# How about pic of your aftermarket rims?



## ridgegoat (Jun 11, 2006)

I am thinking of getting a second set of rims (use my OEM's for my winter tires). But I cant decide what I like, so how about everyone posting shots of their cars with those new rims, please


----------



## k1200lt (Jan 18, 2006)

I'll get the ball rolling! ASA ST4's with Goodyear DS-G3 tires. Grips like glue and really shines the car up!








[/CENTER]


----------



## tommycheng1728 (Nov 23, 2005)

19x8 katana KR-7 w/ 235/35/19 toyo proxes 35 offset, no rub..for sale by the way, PM me for details


----------



## marathonman (Jun 21, 2005)

Foose Speedsters 18x8.5


----------



## EEZ GOAT (Jul 9, 2005)

ADR spartans 18x8.5 toyo proxes T1-R


----------



## Groucho (Sep 11, 2004)

18" MOMO Tune-Rs.


----------



## 04stangkiller (Jun 6, 2006)

forged alum on nitto race rubber


----------



## ridgegoat (Jun 11, 2006)

Thanks guys.

Does this car look bad in any rim, these look great!

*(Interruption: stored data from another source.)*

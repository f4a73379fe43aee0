-- ===== src/Connection/Relay.antt =====
-- `Connection::exchangeData` as a whole, and any number of its rounds.
use nsu_net_course.Prelude.{List, [], ◌∷◌, ◌≢◌, refl}
use nsu_net_course.Kernel.{Kernel, Trace, M, pure, ◌>>=◌, ReadsFit, FdSet, ignored_sigpipe}
use nsu_net_course.Kernel.Returns.{Returns, Returns-bind, Returns-map}
use nsu_net_course.Connection.{Connection, pull_cf, pull_fc, push_cf, push_fc, exchange_data}
use nsu_net_course.Connection.Transfer.{IsSound, Moves-still, Moves-quiet, Moves-trans}
use nsu_net_course.Connection.Receiving.{Advances, pull_cf_lem, pull_fc_lem}
use nsu_net_course.Connection.Sending.{push_cf_lem, push_fc_lem}

-- A step that is right for every sound connection with different sockets.
abbrev pub IsRight : Kernel → (Connection → M Connection) → Type 0
IsRight k f =
    (c : Connection) (t : Trace)
    → c.client_socket ≢ c.forwarding_socket
    → IsSound c
    → Returns (f c k t) (Advances c t)

IsRight-then :
    (k : Kernel) (f g : Connection → M Connection)
    → IsRight k f
    → IsRight k g
    → IsRight k (λ c. f c >>= g)
IsRight-then k f g first next c t apart v =
    Returns-bind (f c) g (Advances c t) (Advances c t) k t (first c t apart v) λ d u a.
      Returns-map (g d k u) (Advances d u) (Advances c t)
        (next d u (rw (a.1.same_client, a.1.same_forward) apart) a.0)
        (λ e w b. (b.0, Moves-trans a.1 b.1))

-- A round of `exchangeData` on a sound connection returns: it never reads or writes outside a buffer
-- or a descriptor set. The connection stays sound, and in each direction the bytes that waited,
-- and behind them those that the round has read, are those that it gave to sends that did not fail,
-- and behind them those that wait now. The two sockets are different, and reads keep to their
-- buffers.
exchange_data-Advances :
    (k : Kernel) (rd wr : FdSet) (c : Connection) (t : Trace)
    → ReadsFit k
    → c.client_socket ≢ c.forwarding_socket
    → IsSound c
    → Returns (exchange_data rd wr c k t) (Advances c t)
unfolding exchange_data
exchange_data-Advances k rd wr c t fit apart v =
    let u = ignored_sigpipe ∷ t in
    let quiet = Moves-quiet c t u (λ _. refl) (λ _. refl) in
    Returns-map (exchange_data rd wr c k t) (Advances c u) (Advances c t)
      (IsRight-then k (pull_cf rd) (λ c1. pull_fc rd c1 >>= λ c2. push_cf wr c2 >>= push_fc wr)
        (λ d u. pull_cf_lem k u rd d fit)
        (IsRight-then k (pull_fc rd) (λ c2. push_cf wr c2 >>= push_fc wr)
          (λ d u. pull_fc_lem k u rd d fit)
          (IsRight-then k (push_cf wr) (push_fc wr) (λ d u. push_cf_lem k u wr d)
            (λ d u. push_fc_lem k u wr d)))
        c u apart v)
      (λ d w a. (a.0, Moves-trans quiet a.1))

-- `exchangeData` once for each pair of sets.
unfoldable pub exchange_all : List (FdSet × FdSet) → Connection → M Connection
exchange_all [] c = pure c
exchange_all ((rd, wr) ∷ rest) c = do c' ← exchange_data rd wr c; exchange_all rest c'

-- Any number of rounds of `exchangeData`, whatever `select` reports, on a sound connection with
-- different sockets returns without undefined behaviour and stays sound, and in each direction the
-- bytes that waited and those received since are, in order, those given since to sends that did not
-- fail and those that wait in the buffer. A send may have taken only a part of what it was given: the
-- rest is not among those that wait. Reads keep to their buffers.
pub exchange_all-Advances :
    (k : Kernel) (rounds : List (FdSet × FdSet)) (c : Connection) (t : Trace)
    → ReadsFit k
    → c.client_socket ≢ c.forwarding_socket
    → IsSound c
    → Returns (exchange_all rounds c k t) (Advances c t)
unfolding exchange_all
exchange_all-Advances k [] c t fit apart v = (v, Moves-still c t)
exchange_all-Advances k ((rd, wr) ∷ rest) c t fit apart v =
    IsRight-then k (exchange_data rd wr) (exchange_all rest)
      (λ d u. exchange_data-Advances k rd wr d u fit) (λ d u. exchange_all-Advances k rest d u fit)
      c t apart v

If you got more pic's, post them up.


----------



## ridgegoat (Jun 11, 2006)

EEZ Goat,

Is the front grill insert part the the SAP from GM or are they aftermarket. Love the way they look.


----------



## ftlfirefighter (Jun 6, 2005)

Antera type 321's 8.5x19 with Michelin PilotSport 2 rubber:


----------



## EEZ GOAT (Jul 9, 2005)

ridgegoat said:


> EEZ Goat,
> 
> Is the front grill insert part the the SAP from GM or are they aftermarket. Love the way they look.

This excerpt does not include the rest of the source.